(Material for the task):

-- ===== src/Vessel/Outbox/Order.antt =====
-- The order in which the outbox is listed.
use ovl.Base.{
  ℕ, ◌<◌, ◌+◌, String, Bool, not, Option, none, some, List, [], ◌∷◌, ◌++◌, any, keep, All, ◌≡◌,
  refl, sym, str_eq, arith, Bool-cases, inl, inr,
}
use ovl.Vessel.Outbox.{
  OutboxItemKind, OutboxItem, Outbox, clashes, enqueue_outbox_item, insert_by_no, order_by_no,
  list_outbox_items, ack_outbox_item,
}

abbrev pub AllFrom : ℕ → List OutboxItem → Type 0
AllFrom n [] = Unit
AllFrom n (x ∷ xs) = (n < x.sequence_no) × AllFrom x.sequence_no xs

abbrev pub Below : ℕ → List OutboxItem → Type 0
Below n xs = All (λ (x : OutboxItem). x.sequence_no < n) xs

abbrev pub Increasing : List OutboxItem → Type 0
Increasing [] = Unit
Increasing (x ∷ xs) = AllFrom x.sequence_no xs

-- The numbers of the rows increase and are below the counter.
abbrev pub InOrder : Outbox → Type 0
InOrder ob = Increasing ob.rows × Below ob.next_no ob.rows

Increasing-tail : (n : ℕ) (xs : List OutboxItem) → AllFrom n xs → Increasing xs
Increasing-tail n [] h = tt
Increasing-tail n (x ∷ xs) h = h.1

insert_by_no-least :
    (x : OutboxItem) (xs : List OutboxItem) → AllFrom x.sequence_no xs → insert_by_no x xs ≡ x ∷ xs
unfolding insert_by_no
insert_by_no-least x [] h = refl
insert_by_no-least x (y ∷ ys) h = ground arith

order_by_no-Increasing : (xs : List OutboxItem) → Increasing xs → order_by_no xs ≡ xs
unfolding order_by_no
order_by_no-Increasing [] h = refl
order_by_no-Increasing (x ∷ xs) h =
    rw (order_by_no-Increasing xs (Increasing-tail x.sequence_no xs h)) (insert_by_no-least x xs h)

AllFrom-append :
    (n : ℕ) (xs : List OutboxItem) (y : OutboxItem)
    → AllFrom n xs
    → Below y.sequence_no xs
    → n < y.sequence_no
    → AllFrom n (xs ++ y ∷ [])
AllFrom-append n [] y h b l = (l, tt)
AllFrom-append n (x ∷ xs) y h b l = (h.0, AllFrom-append x.sequence_no xs y h.1 b.1 b.0)

Increasing-append :
    (xs : List OutboxItem) (y : OutboxItem)
    → Increasing xs
    → Below y.sequence_no xs
    → Increasing (xs ++ y ∷ [])
Increasing-append [] y h b = tt
Increasing-append (x ∷ xs) y h b = AllFrom-append x.sequence_no xs y h b.1 b.0

Below-append :
    (n : ℕ) (xs : List OutboxItem) (y : OutboxItem)
    → Below n xs
    → y.sequence_no ≡ n
    → Below (n + 1) (xs ++ y ∷ [])
Below-append n [] y b e = (ground arith, tt)
Below-append n (x ∷ xs) y b e = (ground (arith, b.0), Below-append n xs y b.1 e)

AllFrom-keep :
    (p : OutboxItem → Bool) (n m : ℕ) (xs : List OutboxItem)
    → AllFrom n xs
    → m < n + 1
    → AllFrom m (keep p xs)
AllFrom-keep p n m [] h l = tt
AllFrom-keep p n m (x ∷ xs) h l = elim (Bool-cases (p x)) [
  | inl e ↦
      rw e (ground (arith, h.0), AllFrom-keep p x.sequence_no x.sequence_no xs h.1 (ground arith))
  | inr e ↦ rw e (AllFrom-keep p x.sequence_no m xs h.1 (ground (arith, h.0)))
]

Increasing-keep :
    (p : OutboxItem → Bool) (xs : List OutboxItem) → Increasing xs → Increasing (keep p xs)
Increasing-keep p [] h = tt
Increasing-keep p (x ∷ xs) h = elim (Bool-cases (p x)) [
  | inl e ↦ rw e (AllFrom-keep p x.sequence_no x.sequence_no xs h (ground arith))
  | inr e ↦ rw e (Increasing-keep p xs (Increasing-tail x.sequence_no xs h))
]

Below-keep :
    (p : OutboxItem → Bool) (n : ℕ) (xs : List OutboxItem) → Below n xs → Below n (keep p xs)
Below-keep p n [] b = tt
Below-keep p n (x ∷ xs) b = elim (Bool-cases (p x)) [
  | inl e ↦ rw e (b.0, Below-keep p n xs b.1)
  | inr e ↦ rw e (Below-keep p n xs b.1)
]

-- A call on the queue: an enqueue, with its identifier and time, or an acknowledgement.
pub data OutboxCall : Type 0 where
  enqueue : Option String → ℕ → OutboxItemKind → String → ℕ → Option ℕ → Option String → OutboxCall
  acknowledge_item : String → OutboxCall

abbrev after_enqueue : Outbox → Option (Outbox × OutboxItem) → Outbox × Option OutboxItem
after_enqueue ob none = (ob, none)
after_enqueue ob (some (ob', item)) = (ob', some item)

-- The queue after a call, and the item that was enqueued.
unfoldable pub outbox_call : OutboxCall → Outbox → Outbox × Option OutboxItem
outbox_call (enqueue id now kind report_id version_no event_id chat_id) ob =
    after_enqueue ob (enqueue_outbox_item ob id now kind report_id version_no event_id chat_id)
outbox_call (acknowledge_item id) ob = (ack_outbox_item id ob, none)

unfoldable pub outbox_calls : List OutboxCall → Outbox → Outbox
unfolding outbox_call
outbox_calls [] ob = ob
outbox_calls (c ∷ cs) ob = outbox_calls cs (outbox_call c ob).0

-- The same calls on a plain list: an enqueued item goes to the end, an acknowledged one leaves.
abbrev pub queue_call : OutboxCall → Option OutboxItem → List OutboxItem → List OutboxItem
queue_call (enqueue id now kind report_id version_no event_id chat_id) none q = q
queue_call (enqueue id now kind report_id version_no event_id chat_id) (some item) q =
    q ++ item ∷ []
queue_call (acknowledge_item id) item q = keep (λ row. not (str_eq row.item_id id)) q

unfoldable pub queue_calls : List OutboxCall → Outbox → List OutboxItem → List OutboxItem
unfolding outbox_call
queue_calls [] ob q = q
queue_calls (c ∷ cs) ob q =
    queue_calls cs (outbox_call c ob).0 (queue_call c (outbox_call c ob).1 q)

outbox_call-InOrder :
    (c : OutboxCall) (ob : Outbox)
    → InOrder ob
    → InOrder (outbox_call c ob).0
      × ((outbox_call c ob).0.rows ≡ queue_call c (outbox_call c ob).1 ob.rows)
unfolding outbox_call enqueue_outbox_item ack_outbox_item
outbox_call-InOrder (enqueue none now kind report_id version_no event_id chat_id) ob h = (h, refl)
outbox_call-InOrder (enqueue (some id) now kind report_id version_no event_id chat_id) ob h =
    let item : OutboxItem = record {
      item_id = id;
      sequence_no = ob.next_no;
      kind = kind;
      report_id = report_id;
      version_no = version_no;
      report_event_id = event_id;
      chat_message_id = chat_id;
      created_at = now;
    } in
    elim (Bool-cases (any (clashes item) ob.rows)) [
      | inl e ↦ rw e (h, refl)
      | inr e ↦ rw e (
        (Increasing-append ob.rows item h.0 h.1, Below-append ob.next_no ob.rows item h.1 refl),
        refl,
      )
    ]
outbox_call-InOrder (acknowledge_item id) ob h =
    ((Increasing-keep _ ob.rows h.0, Below-keep _ ob.next_no ob.rows h.1), refl)

rows-queue_calls :
    (cs : List OutboxCall) (ob : Outbox)
    → InOrder ob
    → InOrder (outbox_calls cs ob) × ((outbox_calls cs ob).rows ≡ queue_calls cs ob ob.rows)
unfolding outbox_calls queue_calls
rows-queue_calls [] ob h = (h, refl)
rows-queue_calls (c ∷ cs) ob h =
    let (h', e) = outbox_call-InOrder c ob h in
    rw (sym e) (rows-queue_calls cs (outbox_call c ob).0 h')

-- From a queue in order, whatever is enqueued and acknowledged: the listing by sequence number is
-- that of a first-in-first-out queue, in the order of the enqueues.
pub list_outbox_items-queue :
    (cs : List OutboxCall) (ob : Outbox)
    → InOrder ob
    → list_outbox_items (outbox_calls cs ob) ≡ queue_calls cs ob (list_outbox_items ob)
unfolding list_outbox_items
list_outbox_items-queue cs ob h =
    let (h', e) = rows-queue_calls cs ob h in
    rw (order_by_no-Increasing ob.rows h.0, order_by_no-Increasing (outbox_calls cs ob).rows h'.0) e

(What you will do):
Reproduce exactly the section above that begins at the line containing "Increasing-tail n [] h = tt" and ends at the line containing "unfolding order_by_no", leaving out all other lines.

(Solution to the problem):
Increasing-tail n [] h = tt
Increasing-tail n (x ∷ xs) h = h.1

insert_by_no-least :
    (x : OutboxItem) (xs : List OutboxItem) → AllFrom x.sequence_no xs → insert_by_no x xs ≡ x ∷ xs
unfolding insert_by_no
insert_by_no-least x [] h = refl
insert_by_no-least x (y ∷ ys) h = ground arith

order_by_no-Increasing : (xs : List OutboxItem) → Increasing xs → order_by_no xs ≡ xs
unfolding order_by_no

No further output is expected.